Where Was I On 9/11?
The September 11 attacks happened during my senior year at Colgate. This is a short reflection written a few weeks later for another student who was collecting (anonymous) where-was-I pieces for a project.
My anthropology field methods class got out at a quarter to ten on the morning of September 11. As we were leaving the seminar room on the fourth floor of Alumni, Prof. Edwards met us and said that a plane had hit the World Trade Center. My reaction at the time was a mild "uh-oh," and I assumed it must have been an accident. Prof. Davis said something to me about my Fulbright fellowship proposal, and I assured her I would work on it as soon as I checked the news to see what the deal was with the WTC.
As I walked down the stairs of Alumni, I could hear students coming out of classes whispering about the plane crash. When I reached the second floor, I started to hear mentions of the attack on the Pentagon.
When the US went to war with Yugoslavia, I was astounded to discover that a significant portion of the Colgate student body had no knowledge of this -- some had never even heard of Kosovo. So I allowed myself a bit of optimism that the conversations I overheard on my walk to the Coop, then home, meant that people would actually be aware of a major news story. I wonder now if "the Colgate bubble" may have made the attack have an even stronger impact on students -- the shock of the bubble finally breaking.
I woke my roommate up by listening to an online video of President Bush's speech in Florida (washingtonpost.com was, luckily, one of the few major news sites not crippled by the increased traffic). He thought I had found a program that could read things in Bush's voice, and the speech was some sort of joke. When I assured him it wasn't, we rushed downstairs.
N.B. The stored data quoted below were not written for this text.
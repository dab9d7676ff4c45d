-- ===== src/Pattern/Syntax/Lower.antt =====
-- ganymede-pattern-core/src/pattern/syntax.rs: what the parser makes of the bytes it took, without
-- its state.
use ganymede.Common.{
  ℕ, ◌+◌, ◌-◌, ◌*◌, ◌%◌, List, [], ◌∷◌, ◌++◌, Option, none, some, Bool, true, false, ◌==◌,
  if◌then◌else◌, length, set, bit_or,
}
use ganymede.Pattern.Atom.{Atom}
use ganymede.Pattern.Syntax.{
  ParseError, Parser, Parsed, failed, parsed, within, hex, is_some, skip_push,
}

-- The arms of the `match` of `operation` on the leading byte.
pub data Leading : Type 0 where
  save skip quote jump1 jump4 pointer aligned signed unsigned relative zero_slot choice wildcard
        digit other :
      Leading

unfoldable pub leading : ℕ → Leading
leading b =
    if b == 39
    then save
    else if b == 91
    then skip
    else if b == 34
    then quote
    else if b == 37
    then jump1
    else if b == 36
    then jump4
    else if b == 42
    then pointer
    else if b == 64
    then aligned
    else if b == 105
    then signed
    else if b == 117
    then unsigned
    else if b == 114
    then relative
    else if b == 122
    then zero_slot
    else if b == 40
    then choice
    else if b == 63
    then wildcard
    else if is_some (hex b)
    then digit
    else other

-- The value and the mask of two nibbles, as atoms.
unfoldable pub push_byte : List Atom → ℕ → ℕ → List Atom
push_byte atoms value mask =
    if mask == 0
    then skip_push atoms 1
    else if mask == 255
    then atoms ++ Atom.byte value ∷ []
    else atoms ++ Atom.fuzzy mask ∷ Atom.byte value ∷ []

abbrev pub from_nibbles :
    ParseError → List Atom → Option (ℕ × ℕ) → Option (ℕ × ℕ) → Parser → Parsed (List Atom)
from_nibbles e atoms none low p = failed e
from_nibbles e atoms (some high) none p = failed e
from_nibbles e atoms (some (high_value, high_mask)) (some (low_value, low_mask)) p =
    parsed
      (push_byte atoms (bit_or (high_value * 16 % 256) low_value)
        (bit_or (high_mask * 16 % 256) low_mask))
      p

-- The exponent of one alignment operand.
unfoldable pub exponent : ℕ → Option ℕ
exponent b =
    if within 48 57 b
    then some (b - 48)
    else if within 97 122 b
    then some (b - 97 + 10)
    else if within 65 90 b
    then some (b - 65 + 10)
    else none

unfoldable pub read_atom : Bool → ℕ → ℕ → Option Atom
read_atom is_signed width n =
    if width == 49
    then some (if is_signed then Atom.read_i8 n else Atom.read_u8 n)
    else if width == 50
    then some (if is_signed then Atom.read_i16 n else Atom.read_u16 n)
    else if width == 52
    then some (if is_signed then Atom.read_i32 n else Atom.read_u32 n)
    else none

-- The first loop of `encode_choice`; the stacks of positions have their top first.
unfoldable pub lay_alternatives :
    List Atom → List (List Atom) → List ℕ → List ℕ → List Atom × List ℕ × List ℕ
lay_alternatives atoms [] cases breaks = (atoms, cases, breaks)
lay_alternatives atoms (nested ∷ alternatives) cases breaks =
    let laid = atoms ++ Atom.case 0 ∷ nested in
    lay_alternatives (laid ++ Atom.break 0 ∷ []) alternatives (length atoms ∷ cases)
      (length laid ∷ breaks)

unfoldable pub link_cases : List Atom → List ℕ → ℕ → List Atom
link_cases atoms [] next_case = atoms
link_cases atoms (case ∷ cases) next_case =
    link_cases (set atoms case (Atom.case (next_case - case - 1))) cases case

-- The positions are pairwise distinct, so their order does not matter.
unfoldable pub link_breaks : List Atom → List ℕ → ℕ → List Atom
link_breaks atoms [] end = atoms
link_breaks atoms (break ∷ breaks) end =
    link_breaks (set atoms break (Atom.break (end - break - 1))) breaks end

abbrev pub link : List Atom × List ℕ × List ℕ → List Atom
link (atoms, [], breaks) = atoms
link (atoms, last_case ∷ cases, []) = set atoms last_case Atom.nop
link (atoms, last_case ∷ cases, last_break ∷ breaks) =
    link_breaks
      (link_cases (set (set atoms last_case Atom.nop) last_break Atom.nop) cases last_case) breaks
      (length atoms)

unfoldable pub encode_choice : List Atom → List (List Atom) → List Atom
encode_choice atoms alternatives = link (lay_alternatives atoms alternatives [] [])

-- Terminal `Skip`, `Pop` and `Many`, from the end.
unfoldable pub is_trimmed : Atom → Bool
is_trimmed (Atom.skip _) = true
is_trimmed Atom.pop = true
is_trimmed (Atom.many _) = true
is_trimmed _ = false

abbrev pub trim_onto : Atom → List Atom → List Atom
trim_onto a [] = if is_trimmed a then [] else a ∷ []
trim_onto a (b ∷ rest) = a ∷ b ∷ rest

unfoldable pub trim : List Atom → List Atom
trim [] = []
trim (a ∷ atoms) = trim_onto a (trim atoms)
At this point I was thinking how lucky it was that the planes hit the towers high up, because a lower impact could have destabilized the entire structure and made it fall. I said as much just minutes before we saw the first tower fall.
All day I wondered whether I was in denial about the situation, if perhaps I would break down at some point when I really grasped the magnitude of what had happened. I remember joking that the BBC was going to get jealous of NBC and CNN's ratings, and hire some terrorists to crash into the Tower of London. Once the attacks were pinned on Osama bin Laden, we joked that his next plot would be to build a whole bunch of coal-fired power plants to accelerate global warming, since Afghanistan is high up in the mountains and wouldn't be hurt by sea level rise. My focus the whole time was not so much on what had happened -- I took that as given. My worries were for the future. What kind of backlash against Arab and Muslim Americans would we see? Would this escalate into World War III? Could we trust Bush to make the right decisions?
I never did break down. Perhaps part of what allowed me to remain unemotional was that the tragedy didn't affect me personally. Nobody I knew well was in the WTC or the Pentagon, and so far as I know none of my good friends have lost anyone close to them in the tragedy. Which makes me wonder whether I have the right to speak about these events at all.